Select all lines in the records that include "some".

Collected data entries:
'''

-- ===== src/MarketCodec/Wire.antt =====
-- What book/market.c uses of the protobuf library, and what it relies on.
use ken_code_de_bridge.Base.{Bytes, Option, length, some, ℕ, ◌++◌, ◌+◌, ◌<◌, ◌^◌, ◌≡◌, ◌≤◌}

-- The wire types of `enum WireType` that the program names.
pub data WireType : Type 0 where
  length_delimited varint : WireType

-- An encoder takes the field's number and type, the value and the room in the buffer, and gives the
-- bytes that it writes; `none` is a returned 0. A decoder takes the bytes from a position on and the
-- length that it is told, and gives the value with the number of bytes read.
pub record Protobuf : Type 0 where
  pub encode_string : ℕ → WireType → Bytes → ℕ → Option Bytes
  pub encode_varint : ℕ → WireType → ℕ → ℕ → Option Bytes
  pub encode_length_delimited : ℕ → WireType → Bytes → ℕ → Option Bytes
  pub decode_field_and_type : Bytes → ℕ → Option (ℕ × WireType × ℕ)
  pub decode_string : Bytes → ℕ → Option (Bytes × ℕ)
  pub decode_varint : Bytes → ℕ → Option (ℕ × ℕ)
  pub decode_length_delimited : Bytes → ℕ → Option (Bytes × ℕ)

-- `bytes` are a field: a header that reads as number and type, and a payload that `decode` reads
-- as the value, whatever follows, if the length told covers them.
pub record Encodes (pb : Protobuf) (V : Type 0) (decode : Bytes → ℕ → Option (V × ℕ)) (field : ℕ)
    (type : WireType) (value : V) (bytes : Bytes) : Type 0 where
  pub header : Bytes
  pub payload : Bytes
  pub splits : bytes ≡ header ++ payload
  pub not_empty : 0 < length header
  pub reads_header :
      (rest : Bytes) (len : ℕ)
      → length header ≤ len
      → pb.decode_field_and_type (header ++ rest) len ≡ some (field, type, length header)
  pub reads_payload :
      (rest : Bytes) (len : ℕ)
      → length payload ≤ len
      → decode (payload ++ rest) len ≡ some (value, length payload)

-- The library's contract. A header of a field below 16 takes one byte and a length or a number at
-- most ten, so that eleven bytes more than the text are room enough.
pub record IsProtobuf (pb : Protobuf) : Type 0 where
  pub string_fits :
      (field : ℕ) (type : WireType) (str : Bytes) (max : ℕ)
      → field < 16
      → length str + 11 ≤ max
      → (bytes : Bytes) × (pb.encode_string field type str max ≡ some bytes)
        × (length bytes ≤ length str + 11)
  pub varint_fits :
      (field : ℕ) (type : WireType) (n max : ℕ)
      → field < 16
      → n < 2 ^ 64
      → 11 ≤ max
      → (bytes : Bytes) × (pb.encode_varint field type n max ≡ some bytes) × (length bytes ≤ 11)
  pub delimited_fits :
      (field : ℕ) (type : WireType) (str : Bytes) (max : ℕ)
      → field < 16
      → length str + 11 ≤ max
      → (bytes : Bytes) × (pb.encode_length_delimited field type str max ≡ some bytes)
        × (length bytes ≤ length str + 11)
  pub string_encodes :
      (field : ℕ) (type : WireType) (str : Bytes) (max : ℕ) (bytes : Bytes)
      → pb.encode_string field type str max ≡ some bytes
      → Encodes pb Bytes pb.decode_string field type str bytes
  pub varint_encodes :
      (field : ℕ) (type : WireType) (n max : ℕ) (bytes : Bytes)
      → n < 2 ^ 64
      → pb.encode_varint field type n max ≡ some bytes
      → Encodes pb ℕ pb.decode_varint field type n bytes
  pub delimited_encodes :
      (field : ℕ) (type : WireType) (str : Bytes) (max : ℕ) (bytes : Bytes)
      → pb.encode_length_delimited field type str max ≡ some bytes
      → Encodes pb Bytes pb.decode_length_delimited field type str bytes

'''

Answer to the exercise:
use ken_code_de_bridge.Base.{Bytes, Option, length, some, ℕ, ◌++◌, ◌+◌, ◌<◌, ◌^◌, ◌≡◌, ◌≤◌}
      → pb.decode_field_and_type (header ++ rest) len ≡ some (field, type, length header)
      → decode (payload ++ rest) len ≡ some (value, length payload)
      → (bytes : Bytes) × (pb.encode_string field type str max ≡ some bytes)
      → (bytes : Bytes) × (pb.encode_varint field type n max ≡ some bytes) × (length bytes ≤ 11)
      → (bytes : Bytes) × (pb.encode_length_delimited field type str max ≡ some bytes)
      → pb.encode_string field type str max ≡ some bytes
      → pb.encode_varint field type n max ≡ some bytes
      → pb.encode_length_delimited field type str max ≡ some bytes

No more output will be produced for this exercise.